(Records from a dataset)
________________

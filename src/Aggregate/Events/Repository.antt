-- ===== src/Aggregate/Events/Repository.antt =====
-- events/repositories/memory.py and the `submit` and `validate` of abc.py.
--
-- `write_lock` makes `validate` and `_submit` one step, so a call is a function of the store.
pub mod Blocking
pub mod Outcome
pub mod Numbering
use minos_python.Base.{
  ℕ, ◌+◌, Bool, true, not, ◌&&◌, Option, none, some, List, [], ◌∷◌, ◌++◌, map, ◌==◌, ltb, leb,
  if◌then◌else◌, unset_or, get_or, select_if, is_empty, contains, length, Result, return, raise,
  Action, ◌>>=◌, ◌>>◌, pure, throw, get, modify, raise_if, when,
}
use minos_python.Aggregate.Store.{
  Uuid, null_uuid, EventAction, create, update, delete, reserving, reserved, committing, EventEntry,
  StoredEvent, TransactionEntry, Notification, Store, Environment, Error, event_repository,
  event_conflict,
}
use minos_python.Aggregate.Transactions.Repository.{no_filter, select as select_transactions}

-- `_offset`
abbrev pub offset : Store → ℕ
offset s = length s.events

-- The arguments of `select`; `none` is `None`.
pub record EventFilter : Type 0 where
  pub uuid : Option Uuid
  pub name : Option ℕ
  pub version : Option ℕ
  pub version_lt : Option ℕ
  pub version_gt : Option ℕ
  pub version_le : Option ℕ
  pub version_ge : Option ℕ
  pub id : Option ℕ
  pub id_lt : Option ℕ
  pub id_gt : Option ℕ
  pub id_le : Option ℕ
  pub id_ge : Option ℕ
  pub transaction_uuid : Option Uuid
  pub transaction_uuid_ne : Option Uuid
  pub transaction_uuid_in : Option (List Uuid)

abbrev pub no_event_filter : EventFilter
no_event_filter = record {
  uuid = none;
  name = none;
  version = none;
  version_lt = none;
  version_gt = none;
  version_le = none;
  version_ge = none;
  id = none;
  id_lt = none;
  id_gt = none;
  id_le = none;
  id_ge = none;
  transaction_uuid = none;
  transaction_uuid_ne = none;
  transaction_uuid_in = none;
}

-- `_fn_filter`
unfoldable pub fn_filter : EventFilter → StoredEvent → Bool
fn_filter f e =
    unset_or f.uuid (λ u. u == e.uuid)
    && (unset_or f.name (λ n. n == e.name)
        && (unset_or f.version (λ v. v == e.version)
            && (unset_or f.version_lt (λ v. not (leb v e.version))
                && (unset_or f.version_gt (λ v. not (leb e.version v))
                    && (unset_or f.version_le (λ v. not (ltb v e.version))
                        && (unset_or f.version_ge (λ v. not (ltb e.version v))
                            && (unset_or f.id (λ i. i == e.id)
                                && (unset_or f.id_lt (λ i. not (leb i e.id))
                                    && (unset_or f.id_gt (λ i. not (leb e.id i))
                                        && (unset_or f.id_le (λ i. not (ltb i e.id))
                                            && (unset_or f.id_ge (λ i. not (ltb e.id i))
                                                && (unset_or f.transaction_uuid
                                                      (λ u. u == e.transaction_uuid)
                                                    && (unset_or f.transaction_uuid_ne
                                                          (λ u. not (u == e.transaction_uuid))
                                                        && unset_or f.transaction_uuid_in (
                                                            contains
                                                            e.transaction_uuid))))))))))))))

unfoldable pub select : EventFilter → Store → List StoredEvent
select f s = select_if (fn_filter f) s.events

-- `self._next_versions[key] += 1`
abbrev pub bump : (ℕ → Uuid → Uuid → ℕ) → ℕ → Uuid → Uuid → ℕ → Uuid → Uuid → ℕ
bump f n u t n' u' t' = if n == n' && (u == u' && t == t') then f n u t + 1 else f n' u' t'

-- The version that comes next for the entity of an entry, within the transaction of the entry.
abbrev pub next_version : EventEntry → Store → ℕ
next_version entry s = s.next_versions entry.name entry.uuid entry.transaction_uuid + 1

-- The counters after an attempt to store an entry, successful or not.
abbrev pub counted : EventEntry → Store → ℕ → Uuid → Uuid → ℕ
counted entry s = bump s.next_versions entry.name entry.uuid entry.transaction_uuid

-- What an entry becomes: `_submit` fills what is `None`.
abbrev pub as_stored : Environment → EventEntry → EventAction → Store → StoredEvent
as_stored env entry action s = record {
  uuid = entry.uuid;
  name = entry.name;
  version = get_or entry.version (next_version entry s);
  payload = entry.payload;
  id = s.generated + 1;
  action = action;
  created_at = get_or entry.created_at (env.current_datetime s.ticks);
  transaction_uuid = entry.transaction_uuid;
}

-- `_submit` once the entry has its identifier.
unfoldable pub store_entry : Environment → EventEntry → EventAction → Action Store Error StoredEvent
store_entry env entry action s =
    let tried : Store = record s { next_versions = counted entry s; ticks = s.ticks + 1 } in
    let stored : StoredEvent = as_stored env entry action s in
    if ltb stored.version (next_version entry s)
    then (raise (event_conflict (offset s)), tried)
    else (return stored, record tried { events = s.events ++ (stored ∷ []); generated = stored.id })

-- `if entry.uuid == NULL_UUID: entry.uuid = uuid4()`
abbrev pub with_uuid : Environment → EventEntry → Store → EventEntry
with_uuid env entry s = record entry {
  uuid = if entry.uuid == null_uuid then env.uuid4 s.ticks else entry.uuid;
}

unfoldable pub submit_entry :
    Environment → EventEntry → EventAction → Action Store Error StoredEvent
submit_entry env entry action s = store_entry env (with_uuid env entry s) action s

-- The identifiers of the transactions that are about to write to the destination of the entry.
unfoldable pub blocking_uuids : Uuid → Option Uuid → Store → List Uuid
unfolding select_transactions
blocking_uuids destination ne s =
    map (λ (t : TransactionEntry). t.uuid)
      (select_transactions
        (record no_filter {
          destination_uuid = some destination;
          uuid_ne = ne;
          among = some (reserving ∷ reserved ∷ committing ∷ []);
        })
        s)

-- `validate`
unfoldable pub validate : EventEntry → Option Uuid → Store → Bool
unfolding blocking_uuids select
validate entry ne s =
    let uuids = blocking_uuids entry.transaction_uuid ne s in
    if is_empty uuids
    then true
    else is_empty (
        select (record no_event_filter { uuid = some entry.uuid; transaction_uuid_in = some uuids })
          s)

-- `_send_events`: one message for the event, and one for each field that an update changed. The
-- publisher is taken to accept every message and the payload to decode; an exception of either would
-- be raised by `submit` after the event is stored.
abbrev pub notifications : Environment → StoredEvent → List Notification
notifications env e =
    record { name = e.name; action = e.action; field = none; event = e } ∷ elim e.action [
      | update ↦
          map
            (λ (d : ℕ × Option ℕ). record {
              name = e.name;
              action = update;
              field = some d;
              event = e;
            })
            (env.decompose e)
      | _ ↦ []
    ]

unfoldable pub send_events : Environment → StoredEvent → Action Store Error Unit
send_events env e = modify (λ s. record s { published = s.published ++ notifications env e })

-- `submit` of an entry whose action is known.
unfoldable pub submit_checked :
    Environment → EventEntry → EventAction → Option Uuid → Action Store Error StoredEvent
submit_checked env entry action ne = do
  s ← get
  raise_if (not (validate entry ne s)) (event_conflict (offset s))
  stored ← submit_entry env entry action
  when (stored.transaction_uuid == null_uuid) (send_events env stored)
  pure stored

-- `submit` by the action of the entry: `if not isinstance(entry.action, Action)`.
unfoldable pub submit_action :
    Environment → EventEntry → Option Uuid → Option EventAction → Action Store Error StoredEvent
submit_action env entry ne none = throw event_repository
submit_action env entry ne (some action) = submit_checked env entry action ne

-- `submit` of an entry; `ne` is the argument `transaction_uuid_ne`.
unfoldable pub submit : Environment → EventEntry → Option Uuid → Action Store Error StoredEvent
unfolding submit_action
submit env entry ne = submit_action env entry ne entry.action

-- `create`, `update` and `delete`
unfoldable pub submit_as : EventAction → Environment → EventEntry → Action Store Error StoredEvent
submit_as action env entry = submit env (record entry { action = some action }) none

________________

» **Task goal**:
An exact copy is needed of the closing lines of the entries above, counting from the one that contains "send_events env e" and including it and the last.

» **Answer below**:
send_events env e = modify (λ s. record s { published = s.published ++ notifications env e })

-- `submit` of an entry whose action is known.
unfoldable pub submit_checked :
    Environment → EventEntry → EventAction → Option Uuid → Action Store Error StoredEvent
submit_checked env entry action ne = do
  s ← get
  raise_if (not (validate entry ne s)) (event_conflict (offset s))
  stored ← submit_entry env entry action
  when (stored.transaction_uuid == null_uuid) (send_events env stored)
  pure stored

-- `submit` by the action of the entry: `if not isinstance(entry.action, Action)`.
unfoldable pub submit_action :
    Environment → EventEntry → Option Uuid → Option EventAction → Action Store Error StoredEvent
submit_action env entry ne none = throw event_repository
submit_action env entry ne (some action) = submit_checked env entry action ne

-- `submit` of an entry; `ne` is the argument `transaction_uuid_ne`.
unfoldable pub submit : Environment → EventEntry → Option Uuid → Action Store Error StoredEvent
unfolding submit_action
submit env entry ne = submit_action env entry ne entry.action

-- `create`, `update` and `delete`
unfoldable pub submit_as : EventAction → Environment → EventEntry → Action Store Error StoredEvent
submit_as action env entry = submit env (record entry { action = some action }) none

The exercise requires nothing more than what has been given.